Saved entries
---

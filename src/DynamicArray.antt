-- ===== src/DynamicArray.antt =====
-- da.h: the growing array behind `da_put`. `null` is the NULL pointer of an array with no header.
pub mod Laws
use zfl.Base.{
  ℕ, ◌+◌, ◌*◌, Option, none, some, List, [], ◌>>=◌, ltb, leb, if◌then◌else◌, length, take,
}
use zfl.Memory.{realloc, store}

-- The header of an array and its block of cells, `length` of which are in use.
pub record Header {ℓ} (A : Type ℓ) : Type ℓ where
  pub len : ℕ
  pub capacity : ℕ
  pub cells : List A

pub data Array {ℓ} (A : Type ℓ) : Type ℓ where
  null : Array A
  header : Header A → Array A

-- The capacity that `arrgrowf` asks for, given what is required and what there is.
unfoldable pub grown_cap : ℕ → ℕ → ℕ
grown_cap min_cap old_cap =
    if ltb min_cap (2 * old_cap) then 2 * old_cap else if ltb min_cap 4 then 4 else min_cap

module _ {ℓ} {A : Type ℓ} where
  unfoldable pub da_len : Array A → ℕ
  da_len null = 0
  da_len (header h) = h.len

  unfoldable pub da_cap : Array A → ℕ
  da_cap null = 0
  da_cap (header h) = h.capacity

  abbrev pub cells_of : Array A → List A
  cells_of null = []
  cells_of (header h) = h.cells

  -- The elements in order.
  unfoldable pub elements : Array A → List A
  elements null = []
  elements (header h) = take h.len h.cells

  abbrev pub required : Array A → ℕ → ℕ → ℕ
  required a addlen min_cap = if ltb min_cap (da_len a + addlen) then da_len a + addlen else min_cap

  unfoldable pub arrgrowf : (ℕ → List A) → Array A → ℕ → ℕ → Array A
  unfolding da_len da_cap grown_cap
  arrgrowf fresh a addlen min_cap =
      let wanted = required a addlen min_cap in
      if leb wanted (da_cap a)
      then a
      else header (record {
        len = da_len a;
        capacity = grown_cap wanted (da_cap a);
        cells = realloc fresh (cells_of a) (grown_cap wanted (da_cap a));
      })

  -- The store of `da_put` into the grown array; through NULL it is a fault.
  unfoldable pub push_back : Array A → A → Option (Array A)
  push_back null e = none
  push_back (header h) e = do
    stored ← store h.cells h.len e
    some (header (record h { len = h.len + 1; cells = stored }))

  unfoldable pub da_put : (ℕ → List A) → Array A → A → Option (Array A)
  unfolding arrgrowf push_back
  da_put fresh a e = push_back (arrgrowf fresh a 1 0) e
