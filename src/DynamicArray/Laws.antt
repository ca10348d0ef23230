-- ===== src/DynamicArray/Laws.antt =====
-- da.h: `da_put` appends, inside the block, and the capacity stays within twice the length.
use zfl.Base.{
  ℕ, ◌+◌, ◌*◌, ◌≤◌, ◌<◌, ◌≡◌, refl, sym, ap, ◌∙◌, some, List, [], ◌∷◌, ◌++◌, inl, inr, leb, false,
  Bool-cases, arith, length, take,
}
use zfl.Memory.{length-realloc, take-realloc, store_lem}
use zfl.DynamicArray.{
  Array, null, header, da_len, da_cap, cells_of, elements, grown_cap, required, arrgrowf, push_back,
  da_put,
}

module _ {ℓ} {A : Type ℓ} where
  -- The length fits the capacity, the block has that many cells, and little of it is unused.
  pub record IsValid (a : Array A) : Type 0 where
    pub fits : da_len a ≤ da_cap a
    pub block : length (cells_of a) ≡ da_cap a
    pub tight : da_cap a ≤ 2 * da_len a + 4

  pub null-IsValid : IsValid null
  unfolding da_len da_cap
  null-IsValid = record { fits = omega arith; block = refl; tight = omega arith }

-- What growing by one cell does.
record Grown {ℓ} {A : Type ℓ} (a b : Array A) : Type ℓ where
  same_len : da_len b ≡ da_len a
  room : da_len a < da_cap b
  block : length (cells_of b) ≡ da_cap b
  kept : take (da_len a) (cells_of b) ≡ take (da_len a) (cells_of a)
  tight : da_cap b ≤ 2 * (da_len a + 1) + 4

grown_cap_bounds :
    (len old_cap : ℕ)
    → len ≤ old_cap
    → leb (len + 1) old_cap ≡ false
    → (len < grown_cap (len + 1) old_cap)
      × (old_cap ≤ grown_cap (len + 1) old_cap)
      × (grown_cap (len + 1) old_cap ≤ 2 * (len + 1) + 4)
unfolding grown_cap
grown_cap_bounds len old_cap h e = ground arith

module _ {ℓ} {A : Type ℓ} where
  elements-take : (a : Array A) → elements a ≡ take (da_len a) (cells_of a)
  unfolding elements da_len
  elements-take null = refl
  elements-take (header h) = refl

  required_one : (a : Array A) → required a 1 0 ≡ da_len a + 1
  required_one a = ground arith

  -- A store behind the elements of an array that has room appends.
  push_back-elements :
      (b : Array A) (e : A)
      → da_len b < da_cap b
      → length (cells_of b) ≡ da_cap b
      → (c : Array A) × (push_back b e ≡ some c)
        × (elements c ≡ elements b ++ (e ∷ []))
        × (da_len c ≡ da_len b + 1)
        × (da_cap c ≡ da_cap b)
        × (length (cells_of c) ≡ da_cap c)
  unfolding push_back elements da_len da_cap
  push_back-elements null e room block = absurd (omega arith)
  push_back-elements (header h) e room block =
      let (stored, ok, size, kept) = store_lem h.cells h.len e (omega arith) in
      (header (record h { len = h.len + 1; cells = stored }), rw ok, kept, refl, refl, omega arith)

module _ {ℓ} {A : Type ℓ} (fresh : ℕ → List A) (fresh_size : (n : ℕ) → length (fresh n) ≡ n) where
  arrgrowf-Grown : (a : Array A) → IsValid a → Grown a (arrgrowf fresh a 1 0)
  unfolding arrgrowf
  arrgrowf-Grown a v = elim (Bool-cases (leb (da_len a + 1) (da_cap a))) [
    | inl room ↦
        rw (required_one a, room)
          (record {
            same_len = refl;
            room = ground arith;
            block = v.block;
            kept = refl;
            tight = omega (arith, v.tight);
          })
    | inr full ↦
        let (more, larger, tight) = grown_cap_bounds (da_len a) (da_cap a) v.fits full in
        rw (required_one a, full)
          (record {
            same_len = refl;
            room = more;
            block = length-realloc fresh (cells_of a) _ (fresh_size _) (omega (arith, v.block));
            kept =
                take-realloc fresh (cells_of a) (da_len a) _ (omega (arith, v.block, v.fits))
                  (omega (arith, v.block));
            tight = tight;
          })
  ]

  -- `da_put` on a valid array, NULL included, never writes outside the block: it appends the
  -- element behind those there are, and the array stays valid, its capacity within twice its
  -- length and four.
  pub da_put-elements :
      (a : Array A) (e : A)
      → IsValid a
      → (b : Array A) × (da_put fresh a e ≡ some b)
        × (elements b ≡ elements a ++ (e ∷ []))
        × (da_len b ≡ da_len a + 1)
        × IsValid b
  unfolding da_put
  da_put-elements a e v =
      let g = arrgrowf-Grown a v in
      let b = arrgrowf fresh a 1 0 in
      let (c, ok, text, len, same_cap, block) =
        push_back-elements b e (omega (arith, g.room, g.same_len)) g.block in
      (
        c,
        ok,
        text
            ∙ ap (λ l. l ++ (e ∷ []))
                (elements-take b ∙ rw g.same_len (g.kept ∙ sym (elements-take a))),
        omega (arith, g.same_len),
        record {
          fits = omega (arith, g.same_len, g.room);
          block = block;
          tight = omega (arith, g.same_len, g.tight);
        },
      )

---

• _ACTIVITY_
All of the entries above should be transcribed exactly, line for line.

• _RESPONSE BOX_
filename src/DynamicArray.antt
-- ===== src/DynamicArray.antt =====
-- da.h: the growing array behind `da_put`. `null` is the NULL pointer of an array with no header.
pub mod Laws
use zfl.Base.{
  ℕ, ◌+◌, ◌*◌, Option, none, some, List, [], ◌>>=◌, ltb, leb, if◌then◌else◌, length, take,
}
use zfl.Memory.{realloc, store}

-- The header of an array and its block of cells, `length` of which are in use.
pub record Header {ℓ} (A : Type ℓ) : Type ℓ where
  pub len : ℕ
  pub capacity : ℕ
  pub cells : List A

pub data Array {ℓ} (A : Type ℓ) : Type ℓ where
  null : Array A
  header : Header A → Array A

-- The capacity that `arrgrowf` asks for, given what is required and what there is.
unfoldable pub grown_cap : ℕ → ℕ → ℕ
grown_cap min_cap old_cap =
    if ltb min_cap (2 * old_cap) then 2 * old_cap else if ltb min_cap 4 then 4 else min_cap

module _ {ℓ} {A : Type ℓ} where
  unfoldable pub da_len : Array A → ℕ
  da_len null = 0
  da_len (header h) = h.len

  unfoldable pub da_cap : Array A → ℕ
  da_cap null = 0
  da_cap (header h) = h.capacity

  abbrev pub cells_of : Array A → List A
  cells_of null = []
  cells_of (header h) = h.cells

  -- The elements in order.
  unfoldable pub elements : Array A → List A
  elements null = []
  elements (header h) = take h.len h.cells

  abbrev pub required : Array A → ℕ → ℕ → ℕ
  required a addlen min_cap = if ltb min_cap (da_len a + addlen) then da_len a + addlen else min_cap

  unfoldable pub arrgrowf : (ℕ → List A) → Array A → ℕ → ℕ → Array A
  unfolding da_len da_cap grown_cap
  arrgrowf fresh a addlen min_cap =
      let wanted = required a addlen min_cap in
      if leb wanted (da_cap a)
      then a
      else header (record {
        len = da_len a;
        capacity = grown_cap wanted (da_cap a);
        cells = realloc fresh (cells_of a) (grown_cap wanted (da_cap a));
      })

  -- The store of `da_put` into the grown array; through NULL it is a fault.
  unfoldable pub push_back : Array A → A → Option (Array A)
  push_back null e = none
  push_back (header h) e = do
    stored ← store h.cells h.len e
    some (header (record h { len = h.len + 1; cells = stored }))

  unfoldable pub da_put : (ℕ → List A) → Array A → A → Option (Array A)
  unfolding arrgrowf push_back
  da_put fresh a e = push_back (arrgrowf fresh a 1 0) e
filename src/DynamicArray/Laws.antt
repository ca10348d0ef23230
-- ===== src/DynamicArray/Laws.antt =====
-- da.h: `da_put` appends, inside the block, and the capacity stays within twice the length.
use zfl.Base.{
  ℕ, ◌+◌, ◌*◌, ◌≤◌, ◌<◌, ◌≡◌, refl, sym, ap, ◌∙◌, some, List, [], ◌∷◌, ◌++◌, inl, inr, leb, false,
  Bool-cases, arith, length, take,
}
use zfl.Memory.{length-realloc, take-realloc, store_lem}
use zfl.DynamicArray.{
  Array, null, header, da_len, da_cap, cells_of, elements, grown_cap, required, arrgrowf, push_back,
  da_put,
}

module _ {ℓ} {A : Type ℓ} where
  -- The length fits the capacity, the block has that many cells, and little of it is unused.
  pub record IsValid (a : Array A) : Type 0 where
    pub fits : da_len a ≤ da_cap a
    pub block : length (cells_of a) ≡ da_cap a
    pub tight : da_cap a ≤ 2 * da_len a + 4

  pub null-IsValid : IsValid null
  unfolding da_len da_cap
  null-IsValid = record { fits = omega arith; block = refl; tight = omega arith }

-- What growing by one cell does.
record Grown {ℓ} {A : Type ℓ} (a b : Array A) : Type ℓ where
  same_len : da_len b ≡ da_len a
  room : da_len a < da_cap b
  block : length (cells_of b) ≡ da_cap b
  kept : take (da_len a) (cells_of b) ≡ take (da_len a) (cells_of a)
  tight : da_cap b ≤ 2 * (da_len a + 1) + 4

grown_cap_bounds :
    (len old_cap : ℕ)
    → len ≤ old_cap
    → leb (len + 1) old_cap ≡ false
    → (len < grown_cap (len + 1) old_cap)
      × (old_cap ≤ grown_cap (len + 1) old_cap)
      × (grown_cap (len + 1) old_cap ≤ 2 * (len + 1) + 4)
unfolding grown_cap
grown_cap_bounds len old_cap h e = ground arith

module _ {ℓ} {A : Type ℓ} where
  elements-take : (a : Array A) → elements a ≡ take (da_len a) (cells_of a)
  unfolding elements da_len
  elements-take null = refl
  elements-take (header h) = refl

  required_one : (a : Array A) → required a 1 0 ≡ da_len a + 1
  required_one a = ground arith

  -- A store behind the elements of an array that has room appends.
  push_back-elements :
      (b : Array A) (e : A)
      → da_len b < da_cap b
      → length (cells_of b) ≡ da_cap b
      → (c : Array A) × (push_back b e ≡ some c)
        × (elements c ≡ elements b ++ (e ∷ []))
        × (da_len c ≡ da_len b + 1)
        × (da_cap c ≡ da_cap b)
        × (length (cells_of c) ≡ da_cap c)
  unfolding push_back elements da_len da_cap
  push_back-elements null e room block = absurd (omega arith)
  push_back-elements (header h) e room block =
      let (stored, ok, size, kept) = store_lem h.cells h.len e (omega arith) in
      (header (record h { len = h.len + 1; cells = stored }), rw ok, kept, refl, refl, omega arith)

module _ {ℓ} {A : Type ℓ} (fresh : ℕ → List A) (fresh_size : (n : ℕ) → length (fresh n) ≡ n) where
  arrgrowf-Grown : (a : Array A) → IsValid a → Grown a (arrgrowf fresh a 1 0)
  unfolding arrgrowf
  arrgrowf-Grown a v = elim (Bool-cases (leb (da_len a + 1) (da_cap a))) [
    | inl room ↦
        rw (required_one a, room)
          (record {
            same_len = refl;
            room = ground arith;
            block = v.block;
            kept = refl;
            tight = omega (arith, v.tight);
          })
    | inr full ↦
        let (more, larger, tight) = grown_cap_bounds (da_len a) (da_cap a) v.fits full in
        rw (required_one a, full)
          (record {
            same_len = refl;
            room = more;
            block = length-realloc fresh (cells_of a) _ (fresh_size _) (omega (arith, v.block));
            kept =
                take-realloc fresh (cells_of a) (da_len a) _ (omega (arith, v.block, v.fits))
                  (omega (arith, v.block));
            tight = tight;
          })
  ]

  -- `da_put` on a valid array, NULL included, never writes outside the block: it appends the
  -- element behind those there are, and the array stays valid, its capacity within twice its
  -- length and four.
  pub da_put-elements :
      (a : Array A) (e : A)
      → IsValid a
      → (b : Array A) × (da_put fresh a e ≡ some b)
        × (elements b ≡ elements a ++ (e ∷ []))
        × (da_len b ≡ da_len a + 1)
        × IsValid b
  unfolding da_put
  da_put-elements a e v =
      let g = arrgrowf-Grown a v in
      let b = arrgrowf fresh a 1 0 in
      let (c, ok, text, len, same_cap, block) =
        push_back-elements b e (omega (arith, g.room, g.same_len)) g.block in
      (
        c,
        ok,
        text
            ∙ ap (λ l. l ++ (e ∷ []))
                (elements-take b ∙ rw g.same_len (g.kept ∙ sym (elements-take a))),
        omega (arith, g.same_len),
        record {
          fits = omega (arith, g.same_len, g.room);
          block = block;
          tight = omega (arith, g.same_len, g.tight);
        },
      )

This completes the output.